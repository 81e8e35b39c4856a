-- ===== src/Tests/Pools.antt =====
-- The theorems on the pool of blocks and on the end of a write, at a chip of four blocks of two pages.
use flog_fs.Base.{ℕ, ◌≡◌, ◌≢◌, refl, arith, false, inl, inr, List, [], ◌∷◌, ◌==◌}
use flog_fs.Structs.{read_spare, block_idx_invalid}
use flog_fs.Flash.{
  flash_erase_block, flash_block_is_bad, flash_read_sector, flash_write_sector, flash_commit,
  flash_write_spare, flash_read_spare, flash_random,
}
use flog_fs.Prealloc.{BlockAlloc}
use flog_fs.Prealloc.Chain.{has}
use flog_fs.Prealloc.Pool.{IsPool}
use flog_fs.Fs.{Fs, flog_close_sector}
use flog_fs.Alloc.{flog_allocate_block}
use flog_fs.Alloc.Pool.{Pooled}
use flog_fs.Alloc.Held.{Any, Never, Hold, flog_allocate_block-Hold}
use flog_fs.Write.{flogfs_write}
use flog_fs.Write.Ends.{IsWritable, flogfs_write-Ends}
use flog_fs.Api.{mount, perform, Reachable, called}
use flog_fs.Api.Pool.{Reachable-IsPool}
use flog_fs.Tests.Scenario.{power_on, blank_writer, blank_node}
use flog_fs.Tests.Files.{final, formatted, formatted-Reachable}
use flog_fs.Tests.Lists.{list, free_nodes, list-IsPrealloc}
use flog_fs.Run.{Run, ok, panic, out_of_fuel}

abbrev up : Fs
unfolding final perform
up = final (perform mount formatted)

up_lem : perform mount formatted ≡ ok tt up
unfolding final perform flash_erase_block flash_block_is_bad flash_read_sector flog_close_sector
    flash_write_sector flash_commit flash_write_spare flash_read_spare read_spare flash_random
up_lem = refl

up-Reachable : Reachable up
up-Reachable = called mount formatted up formatted-Reachable up_lem

Reachable-IsPool_example : IsPool 4 Any up.prealloc
unfolding final perform flash_erase_block flash_block_is_bad flash_read_sector flog_close_sector
    flash_write_sector flash_commit flash_write_spare flash_read_spare read_spare flash_random
Reachable-IsPool_example = Reachable-IsPool up up-Reachable refl

first_of : Run Fs BlockAlloc → BlockAlloc × Fs
first_of (ok a s) = (a, s)
first_of panic = (blank_node, power_on)
first_of out_of_fuel = (blank_node, power_on)

abbrev taken_and_left : BlockAlloc × Fs
unfolding first_of flog_allocate_block
taken_and_left = first_of (flog_allocate_block up)

abbrev taken : BlockAlloc
taken = taken_and_left.0

abbrev left : Fs
left = taken_and_left.1

taken_lem : flog_allocate_block up ≡ ok taken left
unfolding first_of flog_allocate_block final perform flash_erase_block flash_block_is_bad
    flash_read_sector flog_close_sector flash_write_sector flash_commit flash_write_spare
    flash_read_spare read_spare flash_random
taken_lem = refl

taken-valid : (taken.block == block_idx_invalid) ≡ false
unfolding first_of flog_allocate_block final perform flash_erase_block flash_block_is_bad
    flash_read_sector flog_close_sector flash_write_sector flash_commit flash_write_spare
    flash_read_spare read_spare flash_random
taken-valid = refl

up-Pooled : Pooled 4 (Hold []) Never up
unfolding final perform flash_erase_block flash_block_is_bad flash_read_sector flog_close_sector
    flash_write_sector flash_commit flash_write_spare flash_read_spare read_spare flash_random
up-Pooled = record { size = refl; pool = inr (Reachable-IsPool up up-Reachable refl) }

left-Pooled : Pooled 4 (Hold (taken.block ∷ [])) Never left
left-Pooled = (flog_allocate_block-Hold 4 [] up left taken up-Pooled taken_lem taken-valid).1

-- The next block that it hands out is another one.
abbrev next_and_left : BlockAlloc × Fs
unfolding first_of flog_allocate_block
next_and_left = first_of (flog_allocate_block left)

next_taken_lem : flog_allocate_block left ≡ ok next_and_left.0 next_and_left.1
unfolding first_of flog_allocate_block final perform flash_erase_block flash_block_is_bad
    flash_read_sector flog_close_sector flash_write_sector flash_commit flash_write_spare
    flash_read_spare read_spare flash_random
next_taken_lem = refl

next_taken-valid : (next_and_left.0.block == block_idx_invalid) ≡ false
unfolding first_of flog_allocate_block final perform flash_erase_block flash_block_is_bad
    flash_read_sector flog_close_sector flash_write_sector flash_commit flash_write_spare
    flash_read_spare read_spare flash_random
next_taken-valid = refl

flog_allocate_block-Hold_example :
    (has next_and_left.0.block (taken.block ∷ []) ≡ false)
    × Pooled 4 (Hold (next_and_left.0.block ∷ (taken.block ∷ []))) Never next_and_left.1
flog_allocate_block-Hold_example =
    flog_allocate_block-Hold 4 (taken.block ∷ []) left next_and_left.1 next_and_left.0 left-Pooled
      next_taken_lem next_taken-valid

-- An erased chip, and a file at the tail sector of its block with room for 10 bytes.
abbrev writing : Fs
writing = record power_on {
  chip = record power_on.chip { mapped = λ _. 0xff };
  prealloc = list;
  write_files = λ _. record blank_writer { sector = 3; offset = 502; sector_remaining_bytes = 10 };
}

writing-IsWritable : IsWritable 1 writing
writing-IsWritable = record {
  listed = record {
    free = 2 ∷ free_nodes;
    available = 1 ∷ [];
    pending = 0 ∷ [];
    lists = list-IsPrealloc;
  };
  flushable = inl refl;
  room = omega arith;
  word = omega arith;
}

abbrev thirteen : List ℕ
thirteen = 1 ∷ 2 ∷ 3 ∷ 4 ∷ 5 ∷ 6 ∷ 7 ∷ 8 ∷ 9 ∷ 10 ∷ 11 ∷ 12 ∷ 13 ∷ []

flogfs_write-Ends_example : flogfs_write 1 thirteen writing ≢ out_of_fuel
flogfs_write-Ends_example = flogfs_write-Ends 1 thirteen writing refl writing-IsWritable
★ ★ ★
What you are asked to do: Output a faithful copy of every entry, keeping each line as written.

Response:
repository 81e8e35b39c4856a
-- ===== src/Tests/Pools.antt =====
-- The theorems on the pool of blocks and on the end of a write, at a chip of four blocks of two pages.
use flog_fs.Base.{ℕ, ◌≡◌, ◌≢◌, refl, arith, false, inl, inr, List, [], ◌∷◌, ◌==◌}
use flog_fs.Structs.{read_spare, block_idx_invalid}
use flog_fs.Flash.{
  flash_erase_block, flash_block_is_bad, flash_read_sector, flash_write_sector, flash_commit,
  flash_write_spare, flash_read_spare, flash_random,
}
use flog_fs.Prealloc.{BlockAlloc}
use flog_fs.Prealloc.Chain.{has}
use flog_fs.Prealloc.Pool.{IsPool}
use flog_fs.Fs.{Fs, flog_close_sector}
use flog_fs.Alloc.{flog_allocate_block}
use flog_fs.Alloc.Pool.{Pooled}
use flog_fs.Alloc.Held.{Any, Never, Hold, flog_allocate_block-Hold}
use flog_fs.Write.{flogfs_write}
use flog_fs.Write.Ends.{IsWritable, flogfs_write-Ends}
use flog_fs.Api.{mount, perform, Reachable, called}
use flog_fs.Api.Pool.{Reachable-IsPool}
use flog_fs.Tests.Scenario.{power_on, blank_writer, blank_node}
use flog_fs.Tests.Files.{final, formatted, formatted-Reachable}
use flog_fs.Tests.Lists.{list, free_nodes, list-IsPrealloc}
use flog_fs.Run.{Run, ok, panic, out_of_fuel}

abbrev up : Fs
unfolding final perform
up = final (perform mount formatted)

up_lem : perform mount formatted ≡ ok tt up
unfolding final perform flash_erase_block flash_block_is_bad flash_read_sector flog_close_sector
    flash_write_sector flash_commit flash_write_spare flash_read_spare read_spare flash_random
up_lem = refl

up-Reachable : Reachable up
up-Reachable = called mount formatted up formatted-Reachable up_lem

Reachable-IsPool_example : IsPool 4 Any up.prealloc
unfolding final perform flash_erase_block flash_block_is_bad flash_read_sector flog_close_sector
    flash_write_sector flash_commit flash_write_spare flash_read_spare read_spare flash_random
Reachable-IsPool_example = Reachable-IsPool up up-Reachable refl

first_of : Run Fs BlockAlloc → BlockAlloc × Fs
first_of (ok a s) = (a, s)
first_of panic = (blank_node, power_on)
first_of out_of_fuel = (blank_node, power_on)

abbrev taken_and_left : BlockAlloc × Fs
unfolding first_of flog_allocate_block
taken_and_left = first_of (flog_allocate_block up)

abbrev taken : BlockAlloc
taken = taken_and_left.0

abbrev left : Fs
left = taken_and_left.1

taken_lem : flog_allocate_block up ≡ ok taken left
unfolding first_of flog_allocate_block final perform flash_erase_block flash_block_is_bad
    flash_read_sector flog_close_sector flash_write_sector flash_commit flash_write_spare
    flash_read_spare read_spare flash_random
taken_lem = refl

taken-valid : (taken.block == block_idx_invalid) ≡ false
unfolding first_of flog_allocate_block final perform flash_erase_block flash_block_is_bad
    flash_read_sector flog_close_sector flash_write_sector flash_commit flash_write_spare
    flash_read_spare read_spare flash_random
taken-valid = refl

up-Pooled : Pooled 4 (Hold []) Never up
unfolding final perform flash_erase_block flash_block_is_bad flash_read_sector flog_close_sector
    flash_write_sector flash_commit flash_write_spare flash_read_spare read_spare flash_random
up-Pooled = record { size = refl; pool = inr (Reachable-IsPool up up-Reachable refl) }

left-Pooled : Pooled 4 (Hold (taken.block ∷ [])) Never left
left-Pooled = (flog_allocate_block-Hold 4 [] up left taken up-Pooled taken_lem taken-valid).1

-- The next block that it hands out is another one.
abbrev next_and_left : BlockAlloc × Fs
unfolding first_of flog_allocate_block
next_and_left = first_of (flog_allocate_block left)

next_taken_lem : flog_allocate_block left ≡ ok next_and_left.0 next_and_left.1
unfolding first_of flog_allocate_block final perform flash_erase_block flash_block_is_bad
    flash_read_sector flog_close_sector flash_write_sector flash_commit flash_write_spare
    flash_read_spare read_spare flash_random
next_taken_lem = refl

next_taken-valid : (next_and_left.0.block == block_idx_invalid) ≡ false
unfolding first_of flog_allocate_block final perform flash_erase_block flash_block_is_bad
    flash_read_sector flog_close_sector flash_write_sector flash_commit flash_write_spare
    flash_read_spare read_spare flash_random
next_taken-valid = refl

flog_allocate_block-Hold_example :
    (has next_and_left.0.block (taken.block ∷ []) ≡ false)
    × Pooled 4 (Hold (next_and_left.0.block ∷ (taken.block ∷ []))) Never next_and_left.1
flog_allocate_block-Hold_example =
    flog_allocate_block-Hold 4 (taken.block ∷ []) left next_and_left.1 next_and_left.0 left-Pooled
      next_taken_lem next_taken-valid

-- An erased chip, and a file at the tail sector of its block with room for 10 bytes.
abbrev writing : Fs
writing = record power_on {
  chip = record power_on.chip { mapped = λ _. 0xff };
  prealloc = list;
  write_files = λ _. record blank_writer { sector = 3; offset = 502; sector_remaining_bytes = 10 };
}

writing-IsWritable : IsWritable 1 writing
writing-IsWritable = record {
  listed = record {
    free = 2 ∷ free_nodes;
    available = 1 ∷ [];
    pending = 0 ∷ [];
    lists = list-IsPrealloc;
  };
  flushable = inl refl;
  room = omega arith;
  word = omega arith;
}

abbrev thirteen : List ℕ
thirteen = 1 ∷ 2 ∷ 3 ∷ 4 ∷ 5 ∷ 6 ∷ 7 ∷ 8 ∷ 9 ∷ 10 ∷ 11 ∷ 12 ∷ 13 ∷ []

flogfs_write-Ends_example : flogfs_write 1 thirteen writing ≢ out_of_fuel
flogfs_write-Ends_example = flogfs_write-Ends 1 thirteen writing refl writing-IsWritable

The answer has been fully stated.